Leaving aside the reliance on hearsay in place of independent investment analysis, what Mr. Buffett is asking readers to believe is that investors don't care
about the effect of taxes on their investment returns. If you are managing the portfolio of a nonprofit endowment, then this is a reasonable assumption.
If you are an individual taxpayer, then outside of investments made within the context of tax-qualified plans — IRAs or 401(k)s, for example — then Buffett's
assumption is absurd on its face. If taxes would claim too high a chunk of any returns, then one may very well decide to seek alternatives, and there are
many alternatives beyond savings accounts. The public record is rife with evidence that Mr. Buffett is aware of the existence of municipal bonds, to name
just one potential alternative.
Buffett's example also assumes away risk. In real life, an investor would want to consider how much risk he is bearing in order to achieve a potential return
— after taxes. The tax liability has a direct impact on risk appetite.
He goes on to draw specious comparisons with the post-World War II economy. He points out that tax rates were much higher in the 1950s and 1960s, yet
"both employment and the gross domestic product … increased at a rapid clip. The middle class and the rich alike gained ground."
This ignores a few salient facts about the post-war economy.
One reason the economy did so well despite substantially higher marginal income tax rates is that it was far easier for high earners to avoid those rates. For
example, the alternative minimum tax did not take effect until 1970, and even then only for a tiny sliver of taxpayers. As Mickey Kaus pointed out in response
to an equally disingenuous argument recently put forth in The New York Times, even when the top marginal rate was 91%, it produced only a 45% effective
tax rate, not for the top 1% of earners, but for the top basis point of earners!
Another reason the economy did so well despite higher rates is that the U.S. was the only game in town. In 1945, the U.S. had the only industrial plants in
the world that hadn't been bombed to bits, and only slowly over the ensuing generation did the rest of the Western world (plus Japan) emerge as serious
competitors.
As to the egalitarian aspect of Buffett's claim, the period in question was characterized by, shall we say, uneven enforcement of civil rights, and only the
beginning of containerization, which drove down shipping costs by orders of magnitude.
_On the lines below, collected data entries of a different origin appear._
-- ===== src/Body/Tables.antt =====
-- parser.hpp, parse_function_body_code: the cases that the macros UNOP, BINOP, CASTOP, EXTENDOP, LOAD_OP,
-- STORE_OP, NUMERIC_OP and those on lanes make, as rows of their arguments, with the opcodes of
-- include/eosio/vm/opcodes_def.hpp.
use eos_vm.Prelude.{ℕ, List, [], ◌∷◌, Option, none, some, ◌&&◌, leb, ◌==◌, if◌then◌else◌}
use eos_vm.Types.Ty

-- Opcodes that pop the same types, the first one first, and push the same type.
pub data Row : Type 0 where
  row : ℕ → ℕ → List ℕ → ℕ → Row

-- The row of an opcode.
unfoldable pub find_row : List Row → ℕ → Option (List ℕ × ℕ)
find_row [] opcode = none
find_row (row first last inputs output ∷ rows) opcode =
    let rest = find_row rows opcode in
    if leb first opcode && leb opcode last then some (inputs, output) else rest

-- UNOP, BINOP and CASTOP
abbrev pub numeric_rows : List Row
numeric_rows =
    row 69 69 (Ty.i32 ∷ []) Ty.i32
    ∷ row 70 79 (Ty.i32 ∷ Ty.i32 ∷ []) Ty.i32
    ∷ row 80 80 (Ty.i64 ∷ []) Ty.i32
    ∷ row 81 90 (Ty.i64 ∷ Ty.i64 ∷ []) Ty.i32
    ∷ row 91 96 (Ty.f32 ∷ Ty.f32 ∷ []) Ty.i32
    ∷ row 97 102 (Ty.f64 ∷ Ty.f64 ∷ []) Ty.i32
    ∷ row 103 105 (Ty.i32 ∷ []) Ty.i32
    ∷ row 106 120 (Ty.i32 ∷ Ty.i32 ∷ []) Ty.i32
    ∷ row 121 123 (Ty.i64 ∷ []) Ty.i64
    ∷ row 124 138 (Ty.i64 ∷ Ty.i64 ∷ []) Ty.i64
    ∷ row 139 145 (Ty.f32 ∷ []) Ty.f32
    ∷ row 146 152 (Ty.f32 ∷ Ty.f32 ∷ []) Ty.f32
    ∷ row 153 159 (Ty.f64 ∷ []) Ty.f64
    ∷ row 160 166 (Ty.f64 ∷ Ty.f64 ∷ []) Ty.f64
    ∷ row 167 167 (Ty.i64 ∷ []) Ty.i32
    ∷ row 168 169 (Ty.f32 ∷ []) Ty.i32
    ∷ row 170 171 (Ty.f64 ∷ []) Ty.i32
    ∷ row 172 173 (Ty.i32 ∷ []) Ty.i64
    ∷ row 174 175 (Ty.f32 ∷ []) Ty.i64
    ∷ row 176 177 (Ty.f64 ∷ []) Ty.i64
    ∷ row 178 179 (Ty.i32 ∷ []) Ty.f32
    ∷ row 180 181 (Ty.i64 ∷ []) Ty.f32
    ∷ row 182 182 (Ty.f64 ∷ []) Ty.f32
    ∷ row 183 184 (Ty.i32 ∷ []) Ty.f64
    ∷ row 185 186 (Ty.i64 ∷ []) Ty.f64
    ∷ row 187 187 (Ty.f32 ∷ []) Ty.f64
    ∷ row 188 188 (Ty.f32 ∷ []) Ty.i32
    ∷ row 189 189 (Ty.f64 ∷ []) Ty.i64
    ∷ row 190 190 (Ty.i32 ∷ []) Ty.f32
    ∷ row 191 191 (Ty.i64 ∷ []) Ty.f64
    ∷ []

-- NUMERIC_OP
abbrev pub vector_rows : List Row
vector_rows =
    row 14 14 (Ty.v128 ∷ Ty.v128 ∷ []) Ty.v128
    ∷ row 15 17 (Ty.i32 ∷ []) Ty.v128
    ∷ row 18 18 (Ty.i64 ∷ []) Ty.v128
    ∷ row 19 19 (Ty.f32 ∷ []) Ty.v128
    ∷ row 20 20 (Ty.f64 ∷ []) Ty.v128
    ∷ row 35 76 (Ty.v128 ∷ Ty.v128 ∷ []) Ty.v128
    ∷ row 77 77 (Ty.v128 ∷ []) Ty.v128
    ∷ row 78 81 (Ty.v128 ∷ Ty.v128 ∷ []) Ty.v128
    ∷ row 82 82 (Ty.v128 ∷ Ty.v128 ∷ Ty.v128 ∷ []) Ty.v128
    ∷ row 83 83 (Ty.v128 ∷ []) Ty.i32
    ∷ row 94 98 (Ty.v128 ∷ []) Ty.v128
    ∷ row 99 100 (Ty.v128 ∷ []) Ty.i32
    ∷ row 101 102 (Ty.v128 ∷ Ty.v128 ∷ []) Ty.v128
    ∷ row 103 106 (Ty.v128 ∷ []) Ty.v128
    ∷ row 107 109 (Ty.i32 ∷ Ty.v128 ∷ []) Ty.v128
    ∷ row 110 115 (Ty.v128 ∷ Ty.v128 ∷ []) Ty.v128
    ∷ row 116 117 (Ty.v128 ∷ []) Ty.v128
    ∷ row 118 121 (Ty.v128 ∷ Ty.v128 ∷ []) Ty.v128
    ∷ row 122 122 (Ty.v128 ∷ []) Ty.v128
    ∷ row 123 123 (Ty.v128 ∷ Ty.v128 ∷ []) Ty.v128
    ∷ row 124 129 (Ty.v128 ∷ []) Ty.v128
    ∷ row 130 130 (Ty.v128 ∷ Ty.v128 ∷ []) Ty.v128
    ∷ row 131 132 (Ty.v128 ∷ []) Ty.i32
    ∷ row 133 134 (Ty.v128 ∷ Ty.v128 ∷ []) Ty.v128
    ∷ row 135 138 (Ty.v128 ∷ []) Ty.v128
    ∷ row 139 141 (Ty.i32 ∷ Ty.v128 ∷ []) Ty.v128
    ∷ row 142 147 (Ty.v128 ∷ Ty.v128 ∷ []) Ty.v128
    ∷ row 148 148 (Ty.v128 ∷ []) Ty.v128
    ∷ row 149 153 (Ty.v128 ∷ Ty.v128 ∷ []) Ty.v128
    ∷ row 155 159 (Ty.v128 ∷ Ty.v128 ∷ []) Ty.v128
    ∷ row 160 161 (Ty.v128 ∷ []) Ty.v128
    ∷ row 163 164 (Ty.v128 ∷ []) Ty.i32
    ∷ row 167 170 (Ty.v128 ∷ []) Ty.v128
    ∷ row 171 173 (Ty.i32 ∷ Ty.v128 ∷ []) Ty.v128
    ∷ row 174 174 (Ty.v128 ∷ Ty.v128 ∷ []) Ty.v128
    ∷ row 177 177 (Ty.v128 ∷ Ty.v128 ∷ []) Ty.v128
    ∷ row 181 186 (Ty.v128 ∷ Ty.v128 ∷ []) Ty.v128
    ∷ row 188 191 (Ty.v128 ∷ Ty.v128 ∷ []) Ty.v128
    ∷ row 192 193 (Ty.v128 ∷ []) Ty.v128
    ∷ row 195 196 (Ty.v128 ∷ []) Ty.i32
    ∷ row 199 202 (Ty.v128 ∷ []) Ty.v128
    ∷ row 203 205 (Ty.i32 ∷ Ty.v128 ∷ []) Ty.v128
    ∷ row 206 206 (Ty.v128 ∷ Ty.v128 ∷ []) Ty.v128
    ∷ row 209 209 (Ty.v128 ∷ Ty.v128 ∷ []) Ty.v128
    ∷ row 213 223 (Ty.v128 ∷ Ty.v128 ∷ []) Ty.v128
    ∷ row 224 225 (Ty.v128 ∷ []) Ty.v128
    ∷ row 227 227 (Ty.v128 ∷ []) Ty.v128
    ∷ row 228 235 (Ty.v128 ∷ Ty.v128 ∷ []) Ty.v128
    ∷ row 236 237 (Ty.v128 ∷ []) Ty.v128
    ∷ row 239 239 (Ty.v128 ∷ []) Ty.v128
    ∷ row 240 247 (Ty.v128 ∷ Ty.v128 ∷ []) Ty.v128
    ∷ row 248 255 (Ty.v128 ∷ []) Ty.v128
    ∷ []

-- An opcode with a number and a type: the largest alignment, or the number of lanes.
pub data Place : Type 0 where
  place : ℕ → ℕ → ℕ → Place

unfoldable pub find_place : List Place → ℕ → Option (ℕ × ℕ)
find_place [] opcode = none
find_place (place op n type ∷ places) opcode =
    let rest = find_place places opcode in if opcode == op then some (n, type) else rest

-- LOAD_OP
abbrev pub loads : List Place
loads =
    place 40 2 Ty.i32
    ∷ place 41 3 Ty.i64
    ∷ place 42 2 Ty.f32
    ∷ place 43 3 Ty.f64
    ∷ place 44 0 Ty.i32
    ∷ place 46 1 Ty.i32
    ∷ place 45 0 Ty.i32
    ∷ place 47 1 Ty.i32
    ∷ place 48 0 Ty.i64
    ∷ place 50 1 Ty.i64
    ∷ place 52 2 Ty.i64
    ∷ place 49 0 Ty.i64
    ∷ place 51 1 Ty.i64
    ∷ place 53 2 Ty.i64
    ∷ []

-- STORE_OP
abbrev pub stores : List Place
stores =
    place 54 2 Ty.i32
    ∷ place 55 3 Ty.i64
    ∷ place 56 2 Ty.f32
    ∷ place 57 3 Ty.f64
    ∷ place 58 0 Ty.i32
    ∷ place 59 1 Ty.i32
    ∷ place 60 0 Ty.i64
    ∷ place 61 1 Ty.i64
    ∷ place 62 2 Ty.i64
    ∷ []

-- LOAD_OP on vectors
abbrev pub vector_loads : List Place
vector_loads =
    place 0 4 Ty.v128
    ∷ place 1 3 Ty.v128
    ∷ place 2 3 Ty.v128
    ∷ place 3 3 Ty.v128
    ∷ place 4 3 Ty.v128
    ∷ place 5 3 Ty.v128
    ∷ place 6 3 Ty.v128
    ∷ place 7 0 Ty.v128
    ∷ place 8 1 Ty.v128
    ∷ place 9 2 Ty.v128
    ∷ place 10 3 Ty.v128
    ∷ place 92 2 Ty.v128
    ∷ place 93 3 Ty.v128
    ∷ []

-- STORE_OP on vectors
abbrev pub vector_stores : List Place
vector_stores = place 11 4 Ty.v128 ∷ []

-- LOADLANE_OP
abbrev pub lane_loads : List Place
lane_loads = place 84 0 Ty.v128 ∷ place 85 1 Ty.v128 ∷ place 86 2 Ty.v128 ∷ place 87 3 Ty.v128 ∷ []

-- STORELANE_OP
abbrev pub lane_stores : List Place
lane_stores = place 88 0 Ty.v128 ∷ place 89 1 Ty.v128 ∷ place 90 2 Ty.v128 ∷ place 91 3 Ty.v128 ∷ []

-- EXTRACT_LANE_OP
abbrev pub extracts : List Place
extracts =
    place 21 16 Ty.i32
    ∷ place 22 16 Ty.i32
    ∷ place 24 8 Ty.i32
    ∷ place 25 8 Ty.i32
    ∷ place 27 4 Ty.i32
    ∷ place 29 2 Ty.i64
    ∷ place 31 4 Ty.f32
    ∷ place 33 2 Ty.f64
    ∷ []

-- REPLACE_LANE_OP
abbrev pub replaces : List Place
replaces =
    place 23 16 Ty.i32
    ∷ place 26 8 Ty.i32
    ∷ place 28 4 Ty.i32
    ∷ place 30 2 Ty.i64
    ∷ place 32 4 Ty.f32
    ∷ place 34 2 Ty.f64
    ∷ []
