-- ===== src/Stellar/Selection/Laws.antt =====
-- What the selection of records guarantees (packages/stellar/src/adapters/record-selection.ts).
use privacy_layer_confidenti.Base.{
  suc, ◌≤◌, ◌≡◌, refl, ap, ◌⊎◌, inl, inr, true, List, [], ◌∷◌, ◌++◌, length, Bool-cases, arith,
}
use privacy_layer_confidenti.Core.Operations.{answered}
use privacy_layer_confidenti.Stellar.Int.{ℤ, pos, ◌+ℤ◌, ◌≤ℤ◌, leb_ℤ}
use privacy_layer_confidenti.Stellar.Effects.{attempt_then-eq-answered}
use privacy_layer_confidenti.Stellar.Records.{PrivateRecord}
use privacy_layer_confidenti.Stellar.Selection.{
  read_record_spend_amount, pick_from, sum_from, sum_record_amounts,
}

pub sum_from-append :
    (total : ℤ) (rs : List PrivateRecord) (r : PrivateRecord) {value s : ℤ}
    → sum_from total rs ≡ answered s
    → read_record_spend_amount r ≡ answered value
    → sum_from total (rs ++ (r ∷ [])) ≡ answered (s +ℤ value)
unfolding sum_from
sum_from-append total [] r h e = rw e (cc)
sum_from-append total (x ∷ rs) r h e =
    let (v, read, rest) = attempt_then-eq-answered (read_record_spend_amount x) _ h in
    rw read (sum_from-append (total +ℤ v) rs r rest e)

pub leb_ℤ-le : (x y : ℤ) → leb_ℤ x y ≡ true → x ≤ℤ y
leb_ℤ-le x y h = ground arith

length-append_one :
    (xs : List PrivateRecord) (r : PrivateRecord) → length (xs ++ (r ∷ [])) ≡ suc (length xs)
length-append_one [] r = refl
length-append_one (x ∷ xs) r = ap suc (length-append_one xs r)

-- The records that were picked are worth the amount, and are no more than two.
pub record IsCover (amount : ℤ) (picked : List PrivateRecord) : Type 0 where
  pub total : ℤ
  pub total_lem : sum_record_amounts picked ≡ answered total
  pub covers : amount ≤ℤ total
  pub at_least_one : 1 ≤ length picked
  pub at_most_two : length picked ≤ 2

-- One round of the loop, once the record's value is read.
pick_round :
    (amount total v : ℤ) (selected rs : List PrivateRecord) (r : PrivateRecord)
    (picked : List PrivateRecord)
    → sum_record_amounts (selected ++ (r ∷ [])) ≡ answered (total +ℤ v)
    → read_record_spend_amount r ≡ answered v
    → length selected ≤ 1
    → pick_from amount total selected (r ∷ rs) ≡ answered picked
    → IsCover amount picked
      ⊎ ((length selected ≡ 0)
          × (pick_from amount (total +ℤ v) (selected ++ (r ∷ [])) rs ≡ answered picked))
unfolding pick_from
pick_round amount total v selected rs r picked sum read n e =
    let len = length-append_one selected r in
    elim (Bool-cases (leb_ℤ amount (total +ℤ v))) [
      | inl enough ↦ inl (
          let same : selected ++ (r ∷ []) ≡ picked = ground arith in
          rw (← same) (record {
            total = total +ℤ v;
            total_lem = sum;
            covers = leb_ℤ-le amount (total +ℤ v) enough;
            at_least_one = omega arith;
            at_most_two = omega arith;
          }))
      | inr short ↦ inr (ground arith)
    ]

pub pick_from-IsCover :
    (amount total : ℤ) (selected rs : List PrivateRecord) {picked : List PrivateRecord}
    → sum_record_amounts selected ≡ answered total
    → length selected ≤ 1
    → pick_from amount total selected rs ≡ answered picked
    → IsCover amount picked
unfolding pick_from
pick_from-IsCover amount total selected [] h n e = absurd (ground arith)
pick_from-IsCover amount total selected (r ∷ rs) h n e =
    let (v, read, rest) = attempt_then-eq-answered (read_record_spend_amount r) _ e in
    let sum = sum_from-append (pos 0) selected r h read in
    elim (pick_round amount total v selected rs r _ sum read n e) [
      | inl cover ↦ cover
      | inr again ↦
          pick_from-IsCover amount (total +ℤ v) (selected ++ (r ∷ [])) rs sum
            (omega (arith, length-append_one selected r)) again.1
    ]
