-- ===== src/Stellar/Selection/Selected.antt =====
-- What a selection that answers holds (packages/stellar/src/adapters/record-selection.ts).
use Prim.Native.Nat.{Ordering}
use privacy_layer_confidenti.Base.{
  ◌==◌, ◌≡◌, refl, Bool, true, false, String, Option, none, some, List, [], ◌∷◌, ◌++◌, All, IsIn,
  IsIn-self, arith, length, ltb,
}
use privacy_layer_confidenti.Js.Text.{trim}
use privacy_layer_confidenti.Core.Operations.{Attempt, answered, raised, Action}
use privacy_layer_confidenti.Stellar.Int.{ℤ, pos, ◌+ℤ◌, leb_ℤ}
use privacy_layer_confidenti.Stellar.Effects.{
  attempt_then-eq-answered, ◌>>=◌, lift, done, Ensures, Ensures-bind, Ensures-done, Ensures-lift,
}
use privacy_layer_confidenti.Stellar.Sort.{sort_by, sort_by-All}
use privacy_layer_confidenti.Stellar.Records.{
  PrivateRecord, PrivateCoinNote, RecordFilter, StellarIntent,
}
use privacy_layer_confidenti.Stellar.Selection.{
  read_record_spend_amount, compare_records_for_spend_selection, pick_from, pick_available,
  sum_from, select_private_records, spend_filter, unconsumed, spend_amount_covering_protocol_fee,
  sum_from, NullifierCheck, filter_unspent_from, available_records, missing_private_records,
  keep_unspent, non_empty,
}
use privacy_layer_confidenti.Stellar.Selection.Laws.{IsCover, pick_from-IsCover}

module _ {κ} (P : PrivateRecord → Type κ) where
  All-append_one :
      (rs : List PrivateRecord) (r : PrivateRecord) → All P rs → P r → All P (rs ++ (r ∷ []))
  All-append_one [] r h p = (p, tt)
  All-append_one (x ∷ rs) r h p = (h.0, All-append_one rs r h.1 p)

  pick_step-All :
      (amount total : ℤ) (selected rs : List PrivateRecord) (r : PrivateRecord)
      (picked : List PrivateRecord)
      → All P (selected ++ (r ∷ []))
      → (pick_from amount total (selected ++ (r ∷ [])) rs ≡ answered picked → All P picked)
      → elim (leb_ℤ amount total) [
        | true ↦ answered (selected ++ (r ∷ []))
        | false ↦ elim (ltb 1 (length (selected ++ (r ∷ [])))) [
          | true ↦ raised (missing_private_records amount total)
          | false ↦ pick_from amount total (selected ++ (r ∷ [])) rs
        ]
      ]
        ≡ answered picked
      → All P picked
  pick_step-All amount total selected rs r picked more rest e = ground arith

  -- The loop picks from the records that it is given.
  pick_from-All :
      (amount total : ℤ) (selected rs picked : List PrivateRecord)
      → All P selected
      → All P rs
      → pick_from amount total selected rs ≡ answered picked
      → All P picked
  unfolding pick_from
  pick_from-All amount total selected [] picked s h e = absurd (ground arith)
  pick_from-All amount total selected (r ∷ rs) picked s h e =
      let (v, read, e') = attempt_then-eq-answered (read_record_spend_amount r) _ e in
      let more = All-append_one selected r s h.0 in
      let rest = pick_from-All amount (total +ℤ v) (selected ++ (r ∷ [])) rs picked more h.1 in
      pick_step-All amount (total +ℤ v) selected rs r picked more rest e'

  keep_unspent-All :
      (spent : Bool) (r : PrivateRecord) (rs : List PrivateRecord)
      → All P rs
      → P r
      → All P (keep_unspent spent r rs)
  keep_unspent-All true r rs h p = h
  keep_unspent-All false r rs h p = All-append_one rs r h p

  unconsumed-All : (rs : List PrivateRecord) → All P rs → All P (unconsumed rs)
  unconsumed-All [] h = tt
  unconsumed-All (r ∷ rs) h = ground (arith, unconsumed-All rs h.1)

  module _ {W : Type 0} (key : String) (check : NullifierCheck W) where
    filter_round :
        (note : Option PrivateCoinNote) (unspent rs : List PrivateRecord) (r : PrivateRecord)
        → All P unspent
        → P r
        → ((kept : List PrivateRecord)
            → All P kept
            → Ensures (All P) (filter_unspent_from key check kept rs))
        → Ensures (All P) (elim note [
          | none ↦ filter_unspent_from key check (unspent ++ (r ∷ [])) rs
          | some coin ↦
              (check coin.nullifier key (non_empty r.private_address) >>= λ spent.
              filter_unspent_from key check (keep_unspent spent r unspent) rs)
        ])
    filter_round none unspent rs r u p rest =
        rest (unspent ++ (r ∷ [])) (All-append_one unspent r u p)
    filter_round (some coin) unspent rs r u p rest =
        Ensures-bind (All P) (check coin.nullifier key (non_empty r.private_address)) _
          λ w spent answer.
            rest (keep_unspent spent r unspent) (keep_unspent-All spent r unspent u p)

    filter_unspent_from-All :
        (unspent rs : List PrivateRecord)
        → All P unspent
        → All P rs
        → Ensures (All P) (filter_unspent_from key check unspent rs)
    unfolding filter_unspent_from
    filter_unspent_from-All unspent [] u h = Ensures-done (All P) unspent u
    filter_unspent_from-All unspent (r ∷ rs) u h =
        filter_round r.coin_note unspent rs r u h.0 λ kept k. filter_unspent_from-All kept rs k h.1

    blank_or_filtered :
        (blank : Bool) (rs : List PrivateRecord)
        → All P rs
        → Ensures
            (All P)
            (elim blank [ true ↦ done rs | false ↦ filter_unspent_from key check [] rs ])
    blank_or_filtered true rs h = Ensures-done (All P) rs h
    blank_or_filtered false rs h = filter_unspent_from-All [] rs tt h

  available_records-All :
      {W : Type 0} (key : Option String) (check : Option (NullifierCheck W))
      (rs : List PrivateRecord)
      → All P rs
      → Ensures (All P) (available_records key check rs)
  available_records-All (some key) (some check) rs h =
      blank_or_filtered (trim key) check (trim key == "") rs h
  available_records-All none check rs h = Ensures-done (All P) rs h
  available_records-All (some key) none rs h = Ensures-done (All P) rs h

pick_available-IsCover :
    (amount : ℤ) (rs picked : List PrivateRecord)
    → pick_available amount rs ≡ answered picked
    → IsCover (spend_amount_covering_protocol_fee amount) picked
unfolding sum_from
pick_available-IsCover amount [] picked e = absurd (ground arith)
pick_available-IsCover amount (r ∷ rs) picked e =
    pick_from-IsCover (spend_amount_covering_protocol_fee amount) (pos 0) [] (r ∷ rs) refl
      (omega arith) e

pick_available-All {κ} :
    (P : PrivateRecord → Type κ) (amount : ℤ) (rs picked : List PrivateRecord)
    → pick_available amount rs ≡ answered picked
    → All P rs
    → All P picked
pick_available-All P amount [] picked e h = absurd (ground arith)
pick_available-All P amount (r ∷ rs) picked e h =
    pick_from-All P (spend_amount_covering_protocol_fee amount) (pos 0) [] (r ∷ rs) picked tt h e

module _ {W : Type 0} (locale_compare : String → String → Ordering)
    (list_private_records : RecordFilter → Action W (List PrivateRecord)) where
  abbrev compare : PrivateRecord → PrivateRecord → Attempt Ordering
  compare = compare_records_for_spend_selection locale_compare

  -- The records are worth the amount and the fee, are no more than two, and stand in the list that
  -- storage gave, as not consumed.
  pub record IsSpend (intent : StellarIntent) (consumed : List PrivateRecord) : Type 0 where
    pub before : W
    pub listed : List PrivateRecord
    pub listed_lem : (list_private_records (spend_filter intent) before).0 ≡ answered listed
    pub cover : IsCover (spend_amount_covering_protocol_fee intent.amount) consumed
    pub members : All (λ r. IsIn r (unconsumed listed)) consumed

  pub select_private_records-IsSpend :
      (intent : StellarIntent) (key : Option String) (check : Option (NullifierCheck W))
      → Ensures
          (IsSpend intent)
          (select_private_records locale_compare list_private_records intent key check)
  unfolding select_private_records
  select_private_records-IsSpend intent key check =
      Ensures-bind (IsSpend intent) (list_private_records (spend_filter intent)) _ λ w listed el.
        Ensures-bind (IsSpend intent) (lift (sort_by compare (unconsumed listed))) _ λ _ sorted es.
          Ensures-bind (IsSpend intent) (available_records key check sorted) _ λ u available ea.
            Ensures-lift (IsSpend intent) (pick_available intent.amount available) λ picked ep.
              record {
                before = w;
                listed = listed;
                listed_lem = el;
                cover = pick_available-IsCover intent.amount available picked ep;
                members = pick_available-All _ intent.amount available picked ep (
                    available_records-All _ key check sorted
                      (sort_by-All _ compare (unconsumed listed) es (IsIn-self (unconsumed listed)))
                      u available ea);
              }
So the middle class gained ground as long as the household in
question included a white male, who didn't have to worry much about competition from blacks, or women, or foreigners. I submit that this is not an ideal to
which we should aspire.
A more reasonable argument for raising taxes on high earners is that, even though it brings in limited revenue relative to our structural deficit, our fiscal
situation necessarily means lifestyle-diminishing changes in taxes and benefits for much of the middle and working class, and so political reality dictates that
the better-off must be seen to take a hit as well, if only to help the real medicine go down.
Yet Mr. Buffett chooses instead to make specious claims about investor indifference to taxes and offer fairy tales about the post-war economy.
As Kaus said in the above-linked piece about similar claims made by Paul Krugman, Buffett knows all this — he just writes as if we don't.